§ What needs to be done: Copy word for word, please, the lines of the entries below running from the one containing "rw (long, start, size, take-append" to the one containing "let ct = aead.encrypt", both ends included.

Items from a data source:
-=-=-=-=-

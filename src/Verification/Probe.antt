-- ===== src/Verification/Probe.antt =====
-- `ProbeVerifier` of src/titlani/verification/verifier.py.
pub mod Cached
pub mod Network
use titlani.Base.{ℕ, Bool, true, false, List, [], ◌∷◌, ◌++◌, Option, none, some, if◌then◌else◌, not}
use titlani.Str.Core.{Text, codes}
use titlani.Str.Number.{str_of_int}
use titlani.Runtime.{Runtime}
use titlani.Identity.{normalize_fingerprint}
use titlani.Protocol.Status.{is_success}
use titlani.Protocol.Response.{MisfinResponse, fingerprint}
use titlani.Content.Address.{MisfinAddress, address}
use titlani.Verification.Outcome.{VerificationResult, accepted, refused}
use titlani.Verification.Cache.{SenderVerificationCache, get_fingerprint, add_verified}

-- How the client's request without content ended: in a response, in a `TimeoutError`, or in another
-- exception, with its text.
pub data Answer : Type 0 where
  answered : MisfinResponse → Answer
  timed_out : Answer
  failed : Text → Answer

-- The clock when the cache is read, and when it is written.
pub record Clock : Type 0 where
  pub read_at : ℕ
  pub written_at : ℕ

module _ (rt : Runtime) where
  -- the fingerprint of a successful response; an empty one counts as missing
  unfoldable pub on_success :
      Clock
      → Text
      → Option Text
      → SenderVerificationCache
      → VerificationResult × SenderVerificationCache
  on_success clock sender_addr none c = (refused (codes "Probe response missing fingerprint"), c)
  on_success clock sender_addr (some raw) c =
      let fp = normalize_fingerprint rt raw in
      (accepted fp false, add_verified c clock.written_at sender_addr fp)

  unfoldable pub on_answer :
      Clock → Text → Answer → SenderVerificationCache → VerificationResult × SenderVerificationCache
  unfolding on_success
  on_answer clock sender_addr timed_out c = (refused (codes "Probe timed out"), c)
  on_answer clock sender_addr (failed text) c = (refused (codes "Probe error: " ++ text), c)
  on_answer clock sender_addr (answered r) c =
      if not (is_success r.status)
      then (
        refused (codes "Probe returned status " ++ (str_of_int r.status ++ (codes ": " ++ r.meta))),
        c,
      )
      else on_success clock sender_addr (fingerprint r) c

  -- `verify_sender`
  unfoldable pub verify_by_probe :
      Clock
      → Answer
      → MisfinAddress
      → SenderVerificationCache
      → VerificationResult × SenderVerificationCache
  unfolding on_answer
  verify_by_probe clock answer a c = elim (get_fingerprint c clock.read_at (address a)) [
    | some cached_fp ↦ (accepted cached_fp true, c)
    | none ↦ on_answer clock (address a) answer c
  ]
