-- ===== src/Buffered/Packet.antt =====
-- `decrypt` against the packet that a sender builds.
use openairplay.Prelude.{
  ℕ, suc, ◌-◌, ◌%◌, ◌^◌, ◌≤◌, ◌<◌, ◌≡◌, ◌∙◌, ltb, none, some, [], ◌∷◌, ◌++◌, length, length-append,
  take-append, drop-append, Bytes, to_be32, from_be32, false, from_be32-to_be32, le→ltb, arith,
}
use openairplay.Aead.{Aead, AeadLaws}
use openairplay.Buffered.{AudioDecryptor, decrypt}

-- The header: sequence number, timestamp and source, each a big-endian u32.
abbrev pub header : ℕ → ℕ → ℕ → Bytes
header seq timestamp ssrc = to_be32 seq ++ (to_be32 timestamp ++ to_be32 ssrc)

abbrev pub make_packet : Aead → Bytes → ℕ → ℕ → ℕ → Bytes → Bytes → Bytes
make_packet aead key seq timestamp ssrc payload nonce8 =
    let ct =
      aead.encrypt key (0 ∷ 0 ∷ 0 ∷ 0 ∷ nonce8) (to_be32 timestamp ++ to_be32 ssrc) payload in
    header seq timestamp ssrc ++ (ct ++ nonce8)

-- Twelve more, in the form that `drop` computes with.
abbrev twelve : ℕ → ℕ
twelve n = suc (suc (suc (suc (suc (suc (suc (suc (suc (suc (suc (suc n)))))))))))

module _ (aead : Aead) where
  -- A packet with its header written out, its ciphertext and its nonce.
  decrypt_parts :
      (d : AudioDecryptor) (h0 h1 h2 h3 h4 h5 h6 h7 h8 h9 h10 h11 : ℕ) (ct nonce8 : Bytes)
      → 16 ≤ length ct
      → length nonce8 ≡ 8
      → decrypt aead d
          (h0 ∷ h1 ∷ h2 ∷ h3 ∷ h4 ∷ h5 ∷ h6 ∷ h7 ∷ h8 ∷ h9 ∷ h10 ∷ h11 ∷ (ct ++ nonce8))
        ≡ elim (aead.decrypt d.key
            (0 ∷ 0 ∷ 0 ∷ 0 ∷ nonce8)
            (h4 ∷ h5 ∷ h6 ∷ h7 ∷ h8 ∷ h9 ∷ h10 ∷ h11 ∷ [])
            ct) [
              | none ↦ none
              | some payload ↦ some (record {
                seq = from_be32 h0 h1 h2 h3 % 2 ^ 24;
                timestamp = from_be32 h4 h5 h6 h7;
                ssrc = from_be32 h8 h9 h10 h11;
                payload = payload;
              })
            ]
  unfolding decrypt
  decrypt_parts d h0 h1 h2 h3 h4 h5 h6 h7 h8 h9 h10 h11 ct nonce8 hc hn =
      let long : ltb (twelve (length (ct ++ nonce8))) 36 ≡ false =
        le→ltb _ 36 (omega (arith, length-append ct nonce8)) in
      let start : twelve (length (ct ++ nonce8)) - 8 ≡ twelve (length ct) =
        omega (arith, length-append ct nonce8) in
      let size : twelve (length ct) - 12 ≡ length ct = omega arith in
      rw (long, start, size, take-append ct nonce8, drop-append ct nonce8)

module _ (aead : Aead) (laws : AeadLaws aead) where
  -- A packet made under the same key decrypts to its fields, the sequence number modulo 2 ^ 24, and
  -- to its payload.
  pub decrypt-make_packet :
      (d : AudioDecryptor) (seq timestamp ssrc : ℕ) (payload nonce8 : Bytes)
      → seq < 2 ^ 32
      → timestamp < 2 ^ 32
      → ssrc < 2 ^ 32
      → length nonce8 ≡ 8
      → decrypt aead d (make_packet aead d.key seq timestamp ssrc payload nonce8)
        ≡ some
            (record { seq = seq % 2 ^ 24; timestamp = timestamp; ssrc = ssrc; payload = payload })
  decrypt-make_packet d seq timestamp ssrc payload nonce8 hq ht hs hn =
      let nonce = 0 ∷ 0 ∷ 0 ∷ 0 ∷ nonce8 in
      let aad = to_be32 timestamp ++ to_be32 ssrc in
      let ct = aead.encrypt d.key nonce aad payload in
      decrypt_parts aead d _ _ _ _ _ _ _ _ _ _ _ _ ct nonce8
        (omega (arith, laws.length-encrypt d.key nonce aad payload)) hn
      ∙ rw (
        laws.decrypt-encrypt d.key nonce aad payload,
        from_be32-to_be32 seq hq,
        from_be32-to_be32 timestamp ht,
        from_be32-to_be32 ssrc hs,
      )
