-- ===== src/Buffered/Runs.antt =====
-- Concrete runs of the buffered-audio framing, and its theorems at concrete inputs.
use openairplay.Prelude.{◌+◌, ◌≡◌, refl, none, some, [], ◌∷◌, ◌++◌, drop, replicate, Bytes, arith}
use openairplay.Aead.Toy.{toy_aead, toy_laws}
use openairplay.Buffered.{AudioDecryptor, audio_decryptor, decrypt, split_blocks}
use openairplay.Buffered.Blocks.{
  blocks, Splits, split_blocks-Splits, split_blocks-append, split_blocks_stalls,
}
use openairplay.Buffered.Packet.{make_packet, decrypt-make_packet}

-- split_blocks_frames_and_leaves_partial
abbrev two_and_a_bit : Bytes
two_and_a_bit = 0 ∷ 5 ∷ 0xaa ∷ 0xaa ∷ 0xaa ∷ 0 ∷ 3 ∷ 0xbb ∷ 0 ∷ 9 ∷ 0xcc ∷ 0xcc ∷ []

split_run : split_blocks two_and_a_bit ≡ ((0xaa ∷ 0xaa ∷ 0xaa ∷ []) ∷ (0xbb ∷ []) ∷ [], 8)
unfolding split_blocks
split_run = refl

short_packet : decrypt toy_aead (record { key = [] }) (replicate 20 0) ≡ none
unfolding decrypt
short_packet = refl

bad_key_len : audio_decryptor (replicate 16 0) ≡ none
unfolding audio_decryptor
bad_key_len = refl

split_blocks-Splits_example : Splits two_and_a_bit (split_blocks two_and_a_bit)
split_blocks-Splits_example = split_blocks-Splits two_and_a_bit (omega arith)

split_blocks-append_example : split_blocks (two_and_a_bit ++ 1 ∷ []) ≡ (
  (split_blocks two_and_a_bit).0
      ++ (split_blocks (drop (split_blocks two_and_a_bit).1 two_and_a_bit ++ 1 ∷ [])).0,
  (split_blocks two_and_a_bit).1
      + (split_blocks (drop (split_blocks two_and_a_bit).1 two_and_a_bit ++ 1 ∷ [])).1,
)
split_blocks-append_example = split_blocks-append two_and_a_bit (1 ∷ []) (omega arith)

split_blocks_stalls_example :
    split_blocks (blocks ((7 ∷ []) ∷ []) ++ (0 ∷ 1 ∷ ([] ++ two_and_a_bit))) ≡ ((7 ∷ []) ∷ [], 3)
split_blocks_stalls_example =
    split_blocks_stalls ((7 ∷ []) ∷ []) 0 1 [] two_and_a_bit (omega arith) (omega arith)

abbrev audio_key : AudioDecryptor
audio_key = record { key = replicate 32 1 }

decrypt-make_packet_example :
    decrypt toy_aead audio_key (
      make_packet toy_aead audio_key.key 0xff00_1234 44100 0xaabb_ccdd (9 ∷ 8 ∷ []) (replicate 8 5))
    ≡ some (record { seq = 0x1234; timestamp = 44100; ssrc = 0xaabb_ccdd; payload = 9 ∷ 8 ∷ [] })
decrypt-make_packet_example =
    decrypt-make_packet toy_aead toy_laws audio_key 0xff00_1234 44100 0xaabb_ccdd (9 ∷ 8 ∷ [])
      (replicate 8 5) (omega arith) (omega arith) (omega arith) refl
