-- ===== src/Cipher.antt =====
-- openairplay2/src/cipher.rs: the key derivation of the encrypted control channel and its framing in
-- blocks `[u16 length][ciphertext][tag]`.
pub mod Frames
pub mod Stream
pub mod Pieces
pub mod Authentic
mod Runs
use openairplay.Prelude.{
  ℕ, zero, suc, ◌+◌, ◌/◌, ◌%◌, ◌^◌, Bool, ltb, if◌then◌else◌, Option, none, some, List, [], ◌∷◌,
  ◌++◌, ascii, length, take, drop, replicate, chunks, Bytes, to_le16, from_le16,
}
use openairplay.Aead.{Aead, Hkdf}

abbrev pub block_max : ℕ
block_max = 1024

abbrev pub tag_len : ℕ
tag_len = 16

abbrev pub control_salt : Bytes
control_salt = ascii "Control-Salt"

abbrev pub control_write_info : Bytes
control_write_info = ascii "Control-Write-Encryption-Key"

abbrev pub control_read_info : Bytes
control_read_info = ascii "Control-Read-Encryption-Key"

-- `counter.to_le_bytes()`
unfoldable pub to_le_bytes : ℕ → ℕ → Bytes
to_le_bytes zero n = []
to_le_bytes (suc k) n = (n % 256) ∷ to_le_bytes k (n / 256)

-- Four zero bytes and the block counter.
unfoldable pub nonce_for : ℕ → Bytes
unfolding to_le_bytes
nonce_for counter = 0 ∷ 0 ∷ 0 ∷ 0 ∷ to_le_bytes 8 counter

pub record Encryptor : Type 0 where
  pub key : Bytes
  pub counter : ℕ

pub record Decryptor : Type 0 where
  pub key : Bytes
  pub counter : ℕ

-- `counter += 1` on a u64.
abbrev pub succ_u64 : ℕ → ℕ
succ_u64 n = (n + 1) % 2 ^ 64

module _ (hkdf : Hkdf) where
  unfoldable pub derive_key : Bytes → Bytes → Bytes → Bytes
  derive_key shared_secret salt info = hkdf shared_secret salt info

  -- The receiver encrypts what the sender reads, and decrypts what it wrote.
  unfoldable pub control_channel : Bytes → Encryptor × Decryptor
  unfolding derive_key
  control_channel shared_secret = (
    record { key = derive_key shared_secret control_salt control_read_info; counter = 0 },
    record { key = derive_key shared_secret control_salt control_write_info; counter = 0 },
  )

  unfoldable pub sender_control_channel : Bytes → Encryptor × Decryptor
  unfolding derive_key
  sender_control_channel shared_secret = (
    record { key = derive_key shared_secret control_salt control_write_info; counter = 0 },
    record { key = derive_key shared_secret control_salt control_read_info; counter = 0 },
  )

module _ (aead : Aead) where
  -- The block of one chunk: its length, which is the associated data, and the ciphertext.
  unfoldable pub encrypt_block : Encryptor → Bytes → Bytes
  encrypt_block e block =
      let aad = to_le16 (length block) in aad ++ aead.encrypt e.key (nonce_for e.counter) aad block

  unfoldable pub encrypt_blocks : Encryptor → List Bytes → Bytes × Encryptor
  unfolding encrypt_block
  encrypt_blocks e [] = ([], e)
  encrypt_blocks e (block ∷ rest) =
      let (out, e') = encrypt_blocks (record e { counter = succ_u64 e.counter }) rest in
      (encrypt_block e block ++ out, e')

  unfoldable pub encrypt : Encryptor → Bytes → Bytes × Encryptor
  unfolding encrypt_blocks
  encrypt e plaintext = encrypt_blocks e (chunks block_max plaintext)

  -- The loop of `decrypt_available` over the bytes from `pos` on. The counter is kept beside a
  -- failure too. The fuel bounds the rounds: each takes two bytes at least.
  unfoldable pub decrypt_loop : ℕ → Decryptor → Bytes → Bytes → ℕ → Option (Bytes × ℕ) × Decryptor
  decrypt_loop zero d input plaintext pos = (some (plaintext, pos), d)
  decrypt_loop (suc fuel) d [] plaintext pos = (some (plaintext, pos), d)
  decrypt_loop (suc fuel) d (b0 ∷ []) plaintext pos = (some (plaintext, pos), d)
  decrypt_loop (suc fuel) d (b0 ∷ b1 ∷ rest) plaintext pos =
      let len = from_le16 b0 b1 in
      let opened =
        aead.decrypt d.key (nonce_for d.counter) (b0 ∷ b1 ∷ []) (take (len + tag_len) rest) in
      let more = λ (pt : Bytes).
        decrypt_loop fuel (record d { counter = succ_u64 d.counter }) (drop (len + tag_len) rest)
          (plaintext ++ pt) (pos + (2 + len + tag_len)) in
      let attempt : Option (Bytes × ℕ) × Decryptor = elim opened [
        | none ↦ (none, d)
        | some pt ↦ more pt
      ] in
      if ltb (length rest) (len + tag_len) then (some (plaintext, pos), d) else attempt

  unfoldable pub decrypt_available : Decryptor → Bytes → Option (Bytes × ℕ) × Decryptor
  unfolding decrypt_loop
  decrypt_available d input = decrypt_loop (length input) d input [] 0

-=-=-=-=-

§ Output for this exercise:
      rw (long, start, size, take-append ct nonce8, drop-append ct nonce8)

module _ (aead : Aead) (laws : AeadLaws aead) where
  -- A packet made under the same key decrypts to its fields, the sequence number modulo 2 ^ 24, and
  -- to its payload.
  pub decrypt-make_packet :
      (d : AudioDecryptor) (seq timestamp ssrc : ℕ) (payload nonce8 : Bytes)
      → seq < 2 ^ 32
      → timestamp < 2 ^ 32
      → ssrc < 2 ^ 32
      → length nonce8 ≡ 8
      → decrypt aead d (make_packet aead d.key seq timestamp ssrc payload nonce8)
        ≡ some
            (record { seq = seq % 2 ^ 24; timestamp = timestamp; ssrc = ssrc; payload = payload })
  decrypt-make_packet d seq timestamp ssrc payload nonce8 hq ht hs hn =
      let nonce = 0 ∷ 0 ∷ 0 ∷ 0 ∷ nonce8 in
      let aad = to_be32 timestamp ++ to_be32 ssrc in
      let ct = aead.encrypt d.key nonce aad payload in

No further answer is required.